**** DATASET RECORDS

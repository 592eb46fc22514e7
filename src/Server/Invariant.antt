-- ===== src/Server/Invariant.antt =====
-- The well-formedness of the server's two maps and of its queues, and the rules by which a request
-- keeps it.
pub mod Names
pub mod Requests
use native.Mathlib.Decide.{ℕ_discrete}
use rust_data_broker.Prelude.{
  ℕ, ◌≡◌, refl, ◌≢◌, ap, subst, ◌∙◌, inl, inr, ◌⊎◌, true, Option, none, some, List, arith, Outcome,
  ok, err, panic, is_some, Option-cases,
}
use rust_data_broker.Dict
use rust_data_broker.Dict.{lookup-insert-some, lookup-insert_self, lookup-insert_ne}
use rust_data_broker.Errors.{ErrorCode}
use rust_data_broker.Queue.State.{Queue}
use rust_data_broker.Queue.Invariant.{Inv}
use rust_data_broker.Server.State.{Server, Name, Name-discrete, get_queue, put_queue}
use rust_data_broker.Server.Handlers.{Handled, on_queue}

abbrev pub queue_at : ℕ → Server → Option Queue
queue_at hash s = Dict.lookup ℕ_discrete hash s.queue

abbrev pub hash_of : Name → Server → Option ℕ
hash_of queue_name s = Dict.lookup Name-discrete queue_name s.queue_names

pub record IsConsistent (s : Server) : Type 0 where
  -- every queue is well-formed
  pub queues : (hash : ℕ) (q : Queue) → queue_at hash s ≡ some q → Inv q
  -- every name leads to a queue, and no two names to the same
  pub named : (n : Name) (hash : ℕ) → hash_of n s ≡ some hash → is_some (queue_at hash s) ≡ true
  pub apart : (n o : Name) (hash : ℕ) → hash_of n s ≡ some hash → hash_of o s ≡ some hash → n ≡ o

-- A queue that is there may be replaced by a well-formed one.
pub put_queue-IsConsistent :
    (s : Server) (hash : ℕ) (q : Queue) → Inv q → IsConsistent s → IsConsistent (put_queue s hash q)
put_queue-IsConsistent s hash q v k = record {
  queues = λ h r e. elim (lookup-insert-some ℕ_discrete hash h q s.queue e) [
    | inl (_, same) ↦ subst Inv same v
    | inr (_, old) ↦ k.queues h r old
  ];
  named = λ n h e. still_there h (k.named n h e);
  apart = k.apart;
}
  where
    still_there :
        (h : ℕ)
        → is_some (queue_at h s) ≡ true
        → is_some (Dict.lookup ℕ_discrete h (Dict.insert ℕ_discrete hash q s.queue)) ≡ true
    still_there h e = elim (ℕ_discrete hash h) [
      | yes same ↦ rw (← same, lookup-insert_self ℕ_discrete hash q s.queue)
      | no d ↦ rw (lookup-insert_ne ℕ_discrete hash h q s.queue d) e
    ]

-- The counters of the memory have no part in it.
pub memory-IsConsistent :
    (s : Server) (m : _) → IsConsistent s → IsConsistent (record s { memory = m })
memory-IsConsistent s m k = record { queues = k.queues; named = k.named; apart = k.apart }

-- `get_queue` finds the queue of a name, and on a consistent server fails only on an unknown name.
pub get_queue_cases :
    (s : Server) (n : Name)
    → IsConsistent s
    → ((hash : ℕ) × (q : Queue) × (hash_of n s ≡ some hash)
        × (queue_at hash s ≡ some q)
        × (get_queue s n ≡ ok (hash, q)))
      ⊎ ((hash_of n s ≡ none) × (get_queue s n ≡ err ErrorCode.queue_hash_not_found))
unfolding get_queue
get_queue_cases s n k = elim (Option-cases (hash_of n s)) [
  | inl e ↦ inr (e, rw (e, get_queue))
  | inr (hash, e) ↦ elim (Option-cases (queue_at hash s)) [
    | inl f ↦ absurd (let there = k.named n hash e in ground arith)
    | inr (q, f) ↦ inl (hash, q, e, f, rw (e, get_queue, f))
  ]
]

-- A task on one queue keeps the server consistent if its work on a well-formed queue does.
pub on_queue-IsConsistent :
    (s : Server) (n : Name) (f : ℕ → Queue → Handled)
    → IsConsistent s
    → ((hash : ℕ) (q : Queue) → Inv q → IsConsistent (f hash q).0)
    → IsConsistent (on_queue s n f).0
on_queue-IsConsistent s n f k h = elim (get_queue_cases s n k) [
  | inl (hash, q, _, there, e) ↦ rw (e, on_queue) (h hash q (k.queues hash q there))
  | inr (_, e) ↦ rw (e, on_queue) k
]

********

In the records above, find each line that mentions the string "abbrev", then copy it.

■ **PROBLEM SOLUTION**
abbrev pub queue_at : ℕ → Server → Option Queue
abbrev pub hash_of : Name → Server → Option ℕ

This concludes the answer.